KORAN TEMPO, Sabtu, 27 April 2002
Opini
Bola Api RMS
Sebuah permainan berbahaya tengah disodorkan oleh Front Kedaulatan Maluku. Dua
hari silam, mereka memaksakan pengibaran bendera Republik Maluku Selatan,
kendati sebelumnya banyak pihak telah bereaksi keras terhadap rencana itu.
Agak sulit memang untuk mencari niat luhur di balik pengibaran bendera republik
boneka yang setelah didirikan 52 tahun silam hanya sempat berusia bulanan itu.
Manfaatnya pun boleh dibilang tidak ada, kecuali membuat situasi Ambon yang mulai
tenang sejak kesepakatan damai ditandatangani di Malino, menjadi kembali tegang.
Sebagai sebuah taktik, tindakan FKM untuk memaksakan pengibaran bendera RMS,
sebenarnya mudah dibaca. Cara itu seperti pedang bermata banyak. Salah satu
sisinya langsung tertuju pada kelompok Islam, terutama mereka yang juga masih
kurang sreg dengan perjanjian Malino. Pengibaran bendera yang dipaksakan itu
menjadi "bukti" pembenar keyakinan mereka bahwa konflik Ambon belum selesai.

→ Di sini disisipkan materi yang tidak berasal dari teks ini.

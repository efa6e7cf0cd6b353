-- ===== src/Tool/Search.antt =====
-- src/tool/search.rs: the IMAP SEARCH command of a query. The dates of chrono are a parameter.
pub mod Tokens
pub mod Injection
use nexo_plugin_email.Base.{
  ℕ, ◌<◌, min, max, Str, Bool, true, false, Option, none, some, List, [], ◌∷◌, ◌++◌, ◌≡◌, ◌==◌,
  codes, join, trim, trim_start, trim_end, is_whitespace, All,
}
use nexo_plugin_email.ImapQuote.{imap_quote}

pub record SearchQuery : Type 0 where
  pub from : Option Str
  pub from_domain : Option Str
  pub to : Option Str
  pub subject : Option Str
  pub body : Option Str
  pub since : Option Str
  pub before : Option Str
  pub unseen : Option Bool
  pub seen : Option Bool
  pub has_attachments : Option Bool

-- A character that a word of a command may have here: no blank and no quote.
abbrev pub IsWordChar : ℕ → Type 0
IsWordChar c = ((c == 32) ≡ false) × ((c == b'"') ≡ false)

abbrev pub IsWord : Str → Type 0
IsWord [] = ⊥
IsWord (c ∷ s) = IsWordChar c × All IsWordChar s

-- `NaiveDate::parse_from_str` at `%Y-%m-%d`, and `format` at `%-d-%b-%Y`: digits, a month and dashes.
pub record Chrono : Type 1 where
  pub NaiveDate : Type 0
  pub parse_from_str : Str → Option NaiveDate
  pub format : NaiveDate → Str
  pub format-IsWord : (d : NaiveDate) → IsWord (format d)

pub data Atoms : Type 0 where
  atoms : Str → Atoms
  invalid_since invalid_before : Atoms

abbrev pub keyed : Str → Str → Str
keyed key value = key ++ 32 ∷ value

unfoldable pub text_part : Str → Option Str → List Str
unfolding imap_quote
text_part key none = []
text_part key (some v) = keyed key (imap_quote v) ∷ []

-- from the domain without its blanks and leading `@` on
unfoldable pub domain_of_trimmed : Str → List Str
unfolding imap_quote
domain_of_trimmed [] = []
domain_of_trimmed (c ∷ s) = keyed (codes "FROM") (imap_quote (b'@' ∷ c ∷ s)) ∷ []

unfoldable pub domain_part : Option Str → List Str
unfolding domain_of_trimmed trim_start trim_end is_whitespace
domain_part none = []
domain_part (some v) = domain_of_trimmed (trim_start (λ c. c == b'@') (trim v))

unfoldable pub flag_part : Str → Option Bool → List Str
flag_part part (some true) = part ∷ []
flag_part part (some false) = []
flag_part part none = []

unfoldable pub finish : List Str → Atoms
unfolding join
finish [] = atoms (codes "ALL")
finish (p ∷ ps) = atoms (join (32 ∷ []) (p ∷ ps))

module _ (chrono : Chrono) where
  -- `none` for a date that does not parse
  unfoldable pub date_part : Str → Option Str → Option (List Str)
  date_part key none = some []
  date_part key (some v) = elim (chrono.parse_from_str v) [
    | none ↦ none
    | some d ↦ some (keyed key (chrono.format d) ∷ [])
  ]

  -- from the two dates on
  unfoldable pub with_dates : SearchQuery → Option (List Str) → Option (List Str) → Atoms
  unfolding text_part domain_part flag_part finish
  with_dates q none before = invalid_since
  with_dates q (some since) none = invalid_before
  with_dates q (some since) (some before) = finish (
      text_part (codes "FROM") q.from
      ++ domain_part q.from_domain
      ++ text_part (codes "TO") q.to
      ++ text_part (codes "SUBJECT") q.subject
      ++ text_part (codes "BODY") q.body
      ++ since
      ++ before
      ++ flag_part (codes "UNSEEN") q.unseen
      ++ flag_part (codes "SEEN") q.seen
      ++ flag_part (keyed (codes "BODY") (imap_quote (codes "multipart/"))) q.has_attachments)

  unfoldable pub build_search_atoms : SearchQuery → Atoms
  unfolding date_part with_dates
  build_search_atoms q =
      with_dates q (date_part (codes "SINCE") q.since) (date_part (codes "BEFORE") q.before)

-- `args.limit.unwrap_or(50).clamp(1, 200)`, and the uids that are fetched
unfoldable pub limit_of : Option ℕ → ℕ
limit_of none = 50
limit_of (some n) = min (max n 1) 200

Lebih jauh lagi, mereka pun bertambah semangatnya untuk melanjutkan perang
dengan kelompok Kristen, sebab kini tersedia alasan "baru" yang lebih direstui
secara nasional: melawan separatisme.
Dalam hal ini, posisi kelompok Kristen tentu saja sulit. Berbagai pihak, termasuk
Gereja Protestan Maluku, telah menyatakan bahwa tidak semua kelompok Kristen
terkait dengan RMS. Namun, cukup sulit menepis kenyataan bahwa selama konflik
Ambon berlangsung sejak dua tahun silam, FKM adalah salah satu organisasi yang
berada di tengah-tengah mereka. Bahkan, dalam banyak kesempatan, FKM selalu
berada di depan corong pengeras suara.
Sisi lain dari mata pedang pengibaran bendera RMS dua hari silam, tertuju pada
pemerintah pusat. FKM dengan cerdik mencoba menarik Jakarta dalam pusaran
babak baru konflik Ambon pasca perjanjian Malino. Penambahan pasukan keamanan
dan tindakan tegas dalam operasi-operasinya diharapkan akan memancing perhatian
dunia internasional. Korban-korban yang jatuh kemudian pada gilirannya akan
mendudukkan pemerintah pusat dalam peran antagonistik, yakni penindas aspirasi
sebuah kelompok etnik untuk merdeka.
Permainan berbahaya FKM ini bukan tidak ada penawarnya. Namun, tentu saja harus
melibatkan semua pihak. Ketegasan pemerintah pusat adalah salah satu kuncinya.
Para pendukung gerakan separatisme RMS musti segera ditangkap dan diadili.
Namun, tindakan represif itu haruslah tetap berada dalam pagar hukum.
Pada saat yang bersamaan, para pemuka kelompok Islam juga diharapkan mampu
menenangkan massanya untuk tidak terpancing memulai babak baru konflik Ambon.
Sementara, peran kelompok Kristen di Ambon pun perlu dipertegas. Menyatakan
tidak terkait FKM dan RMS tidak akan bermakna tanpa bukti dukungan mereka
terhadap upaya penegakan kedaulatan Republik Indonesia. Kalau perlu, mereka
sendiri yang menangkap dan menyerahkan para pendukung gerakan separatisme
RMS untuk diadili menurut hukum dan perundang-undangan republik ini.